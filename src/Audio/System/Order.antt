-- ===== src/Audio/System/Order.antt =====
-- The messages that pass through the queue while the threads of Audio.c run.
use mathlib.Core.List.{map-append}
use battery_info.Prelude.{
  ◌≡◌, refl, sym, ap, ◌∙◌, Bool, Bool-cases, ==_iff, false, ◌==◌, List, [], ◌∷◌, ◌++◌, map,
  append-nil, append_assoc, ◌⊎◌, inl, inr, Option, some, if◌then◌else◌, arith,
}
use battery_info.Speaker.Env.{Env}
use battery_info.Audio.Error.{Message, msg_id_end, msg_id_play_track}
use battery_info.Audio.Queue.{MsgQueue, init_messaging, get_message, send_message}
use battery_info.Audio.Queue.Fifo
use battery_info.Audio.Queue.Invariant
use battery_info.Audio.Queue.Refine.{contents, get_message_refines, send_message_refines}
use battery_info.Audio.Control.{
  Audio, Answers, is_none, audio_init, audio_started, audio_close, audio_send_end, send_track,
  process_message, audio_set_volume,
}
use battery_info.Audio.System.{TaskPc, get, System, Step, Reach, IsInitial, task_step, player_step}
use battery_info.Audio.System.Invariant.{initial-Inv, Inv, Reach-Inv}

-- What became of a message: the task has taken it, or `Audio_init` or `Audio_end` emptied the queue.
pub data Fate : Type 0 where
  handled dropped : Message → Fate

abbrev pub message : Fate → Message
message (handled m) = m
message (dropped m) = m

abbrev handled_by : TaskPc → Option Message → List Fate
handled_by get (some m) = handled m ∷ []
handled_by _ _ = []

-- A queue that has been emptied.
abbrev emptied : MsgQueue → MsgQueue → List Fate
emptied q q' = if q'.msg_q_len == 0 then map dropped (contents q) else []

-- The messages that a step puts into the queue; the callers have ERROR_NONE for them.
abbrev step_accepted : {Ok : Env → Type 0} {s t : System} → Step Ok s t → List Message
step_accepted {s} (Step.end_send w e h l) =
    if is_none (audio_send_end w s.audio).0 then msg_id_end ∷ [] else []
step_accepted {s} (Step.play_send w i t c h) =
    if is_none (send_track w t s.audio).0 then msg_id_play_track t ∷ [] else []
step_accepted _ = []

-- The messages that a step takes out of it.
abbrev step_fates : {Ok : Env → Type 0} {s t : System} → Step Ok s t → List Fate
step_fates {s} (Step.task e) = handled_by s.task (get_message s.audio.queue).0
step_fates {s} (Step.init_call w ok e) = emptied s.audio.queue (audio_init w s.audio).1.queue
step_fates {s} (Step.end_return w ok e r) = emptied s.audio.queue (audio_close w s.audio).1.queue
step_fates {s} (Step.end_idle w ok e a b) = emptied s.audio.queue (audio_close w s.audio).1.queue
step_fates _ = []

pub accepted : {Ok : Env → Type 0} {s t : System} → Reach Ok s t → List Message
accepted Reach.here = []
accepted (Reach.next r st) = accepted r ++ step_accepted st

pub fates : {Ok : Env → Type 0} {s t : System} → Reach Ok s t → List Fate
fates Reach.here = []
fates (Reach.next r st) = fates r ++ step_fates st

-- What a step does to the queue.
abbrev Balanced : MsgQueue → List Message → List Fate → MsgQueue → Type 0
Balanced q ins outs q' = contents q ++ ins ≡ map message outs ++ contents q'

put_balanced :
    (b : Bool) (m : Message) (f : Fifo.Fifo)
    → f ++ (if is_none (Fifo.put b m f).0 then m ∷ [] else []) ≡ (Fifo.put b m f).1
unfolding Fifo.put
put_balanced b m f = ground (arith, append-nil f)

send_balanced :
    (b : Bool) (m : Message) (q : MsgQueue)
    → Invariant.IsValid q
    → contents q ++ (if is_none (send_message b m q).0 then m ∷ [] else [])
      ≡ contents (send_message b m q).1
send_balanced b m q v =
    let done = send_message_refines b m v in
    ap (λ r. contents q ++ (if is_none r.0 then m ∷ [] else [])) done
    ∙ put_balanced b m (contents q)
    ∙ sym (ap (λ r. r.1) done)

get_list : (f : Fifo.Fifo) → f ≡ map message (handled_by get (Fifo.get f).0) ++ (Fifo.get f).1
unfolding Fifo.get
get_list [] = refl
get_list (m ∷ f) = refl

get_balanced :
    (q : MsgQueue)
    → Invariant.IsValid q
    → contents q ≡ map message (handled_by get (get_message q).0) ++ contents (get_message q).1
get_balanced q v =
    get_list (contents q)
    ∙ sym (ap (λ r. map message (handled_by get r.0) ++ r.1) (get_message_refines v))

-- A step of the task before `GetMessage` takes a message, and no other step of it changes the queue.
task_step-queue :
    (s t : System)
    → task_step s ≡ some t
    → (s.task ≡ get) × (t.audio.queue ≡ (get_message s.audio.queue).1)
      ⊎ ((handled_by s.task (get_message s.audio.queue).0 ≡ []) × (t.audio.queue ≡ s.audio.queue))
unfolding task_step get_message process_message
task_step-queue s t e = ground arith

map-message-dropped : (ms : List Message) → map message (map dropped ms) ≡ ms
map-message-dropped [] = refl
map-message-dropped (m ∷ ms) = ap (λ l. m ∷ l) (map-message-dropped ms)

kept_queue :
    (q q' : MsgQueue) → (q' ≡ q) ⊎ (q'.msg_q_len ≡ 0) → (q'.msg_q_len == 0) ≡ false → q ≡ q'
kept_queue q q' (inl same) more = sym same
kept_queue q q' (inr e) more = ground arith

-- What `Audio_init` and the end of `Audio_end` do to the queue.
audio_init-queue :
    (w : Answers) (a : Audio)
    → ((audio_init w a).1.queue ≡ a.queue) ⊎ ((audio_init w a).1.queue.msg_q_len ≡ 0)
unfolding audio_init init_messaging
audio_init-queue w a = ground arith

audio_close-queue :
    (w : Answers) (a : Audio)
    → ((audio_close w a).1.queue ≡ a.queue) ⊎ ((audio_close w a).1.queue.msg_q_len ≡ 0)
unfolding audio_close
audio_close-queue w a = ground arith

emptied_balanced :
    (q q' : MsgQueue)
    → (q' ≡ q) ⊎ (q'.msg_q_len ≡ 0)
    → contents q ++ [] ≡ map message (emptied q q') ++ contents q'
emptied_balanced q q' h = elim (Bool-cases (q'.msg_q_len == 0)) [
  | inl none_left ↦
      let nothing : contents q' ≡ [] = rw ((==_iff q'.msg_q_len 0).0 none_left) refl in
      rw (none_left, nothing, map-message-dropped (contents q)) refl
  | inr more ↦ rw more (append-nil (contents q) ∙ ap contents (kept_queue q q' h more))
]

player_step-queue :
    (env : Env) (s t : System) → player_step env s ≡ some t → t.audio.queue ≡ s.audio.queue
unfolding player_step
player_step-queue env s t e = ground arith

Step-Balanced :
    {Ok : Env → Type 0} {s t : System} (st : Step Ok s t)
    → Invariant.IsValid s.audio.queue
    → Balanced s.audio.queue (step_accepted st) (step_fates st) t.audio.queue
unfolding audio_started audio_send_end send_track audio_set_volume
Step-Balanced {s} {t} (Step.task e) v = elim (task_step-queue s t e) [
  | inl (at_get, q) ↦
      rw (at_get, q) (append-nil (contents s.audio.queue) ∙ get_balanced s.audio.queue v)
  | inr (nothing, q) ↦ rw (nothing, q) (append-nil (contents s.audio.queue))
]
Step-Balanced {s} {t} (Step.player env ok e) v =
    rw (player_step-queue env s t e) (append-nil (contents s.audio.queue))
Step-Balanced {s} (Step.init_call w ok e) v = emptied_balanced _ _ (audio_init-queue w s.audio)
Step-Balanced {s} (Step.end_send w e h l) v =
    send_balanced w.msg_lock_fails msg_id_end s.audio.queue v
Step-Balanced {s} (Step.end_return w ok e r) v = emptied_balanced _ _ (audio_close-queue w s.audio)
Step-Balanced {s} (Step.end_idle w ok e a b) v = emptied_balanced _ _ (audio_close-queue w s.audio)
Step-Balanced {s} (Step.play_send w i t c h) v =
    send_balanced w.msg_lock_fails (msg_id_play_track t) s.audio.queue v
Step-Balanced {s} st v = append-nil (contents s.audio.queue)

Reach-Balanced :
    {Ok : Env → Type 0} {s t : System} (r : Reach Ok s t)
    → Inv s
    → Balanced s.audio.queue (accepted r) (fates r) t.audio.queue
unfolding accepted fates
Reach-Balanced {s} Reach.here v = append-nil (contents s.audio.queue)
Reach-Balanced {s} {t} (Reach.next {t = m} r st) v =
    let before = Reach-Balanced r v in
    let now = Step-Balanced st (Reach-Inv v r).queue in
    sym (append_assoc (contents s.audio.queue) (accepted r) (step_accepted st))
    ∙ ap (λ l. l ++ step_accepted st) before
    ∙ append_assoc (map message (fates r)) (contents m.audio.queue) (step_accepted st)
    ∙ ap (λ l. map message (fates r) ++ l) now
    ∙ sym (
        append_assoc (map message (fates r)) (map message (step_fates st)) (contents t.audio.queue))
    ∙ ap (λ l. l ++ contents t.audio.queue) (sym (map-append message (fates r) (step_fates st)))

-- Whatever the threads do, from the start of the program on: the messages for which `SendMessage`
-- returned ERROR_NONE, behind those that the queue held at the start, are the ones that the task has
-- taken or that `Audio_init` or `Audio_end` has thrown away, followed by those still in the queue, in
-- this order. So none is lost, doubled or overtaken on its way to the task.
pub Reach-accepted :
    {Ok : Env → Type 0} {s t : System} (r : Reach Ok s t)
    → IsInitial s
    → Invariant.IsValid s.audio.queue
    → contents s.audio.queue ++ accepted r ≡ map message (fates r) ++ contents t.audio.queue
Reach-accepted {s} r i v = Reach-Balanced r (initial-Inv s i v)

Requirement: What is needed is each line from the records with the word "next" in it.

Completed exercise:
accepted (Reach.next r st) = accepted r ++ step_accepted st
fates (Reach.next r st) = fates r ++ step_fates st
Reach-Balanced {s} {t} (Reach.next {t = m} r st) v =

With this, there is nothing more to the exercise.